VILSECK, Germany – “My biggest motivator is giving back to this country that has given so much for my family,” said U.S. Army Capt. Vinh T. Nguyen, assigned to the 2d Cavalry Regiment.
Having served in the U.S. Army for seven years, Nguyen discussed his journey and reflected upon significant traditions within Vietnamese culture in honor of Asian American and Pacific Islander Heritage Month at the Reed Museum in Vilseck, Germany, May 18, 2020.
Nguyen, a Los Angeles native, graduated from California State University in Long Beach, Calif. with a bachelor’s degree in criminal justice before commissioning as a military police officer. His family hails from Ho Chi Minh City [commonly known as Saigon], Vietnam.

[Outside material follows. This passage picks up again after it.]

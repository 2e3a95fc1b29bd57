-- ===== src/Forge.antt =====
-- internal/forge/scope.go: the references of an issue's body and the scopes of issues.
pub mod Closure
pub mod Scope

“When my family first came here to America, we had little more than the clothes on our backs, and the money in our pockets,” said Nguyen. “Now, in the 30 years since then, everyone in my family has been very successful, and it’s thanks to the United States. I’m just here to give back to the country that has helped us.”
Nguyen’s journey as the regimental provost marshal is inspired by Maj. Gen. Viet Luong, who came to America in 1975 after the fall of Saigon.
“One person that inspires me a lot is Maj. Gen. Viet Luong,” said Nguyen. “Since then, he has climbed up the ranks and was the first ever Vietnamese born general in the United States military, and that was a huge deal in the Vietnamese community. Even my mom called me up the day after [it happened] to ask me if I had heard about him.”
At the Reed Museum, Nguyen discussed important aspects of Vietnamese culture to include the ao dai, a traditional Vietnamese garment, with his son wearing the design. The ao dai is a popular and widely recognized national garment of Vietnam, symbolizing national pride.
“The ao dai is normally worn during formal events such as weddings and during the Lunar New Year,” said Nguyen. “In ancient times, the ao dai was typically reserved for the royal family and government officials. Today, it is worn by people of all economic backgrounds. It is also a popular garment at tourist sites such as restaurants and hotels.”
While the ao dai in ancient times was simple in color, today’s ao dai has different colors representing age and status with young girls wearing white, unmarried women often wearing soft pastel colors and married women wearing the ao dai in richer and darker colors.
“There are some colors that are specific to specific events,” said Nguyen to elaborate. “For example during weddings, red is traditionally the color of the bride to symbolize good luck and happiness. Also, white is usually worn by young women to symbolize purity and innocence.”
Nguyen also reflected upon food as being the common thread in the Vietnamese community. Traditional Vietnamese cuisine includes Pho, spring rolls, dumplings and Mi Quang noodles.
“I would say the most important aspect of Vietnamese culture that is important to me is the food,” said Nguyen. “No matter how far we’ve gone and how much we’ve assimilated with American culture, food is the one constant that reminds us of our Vietnamese roots.”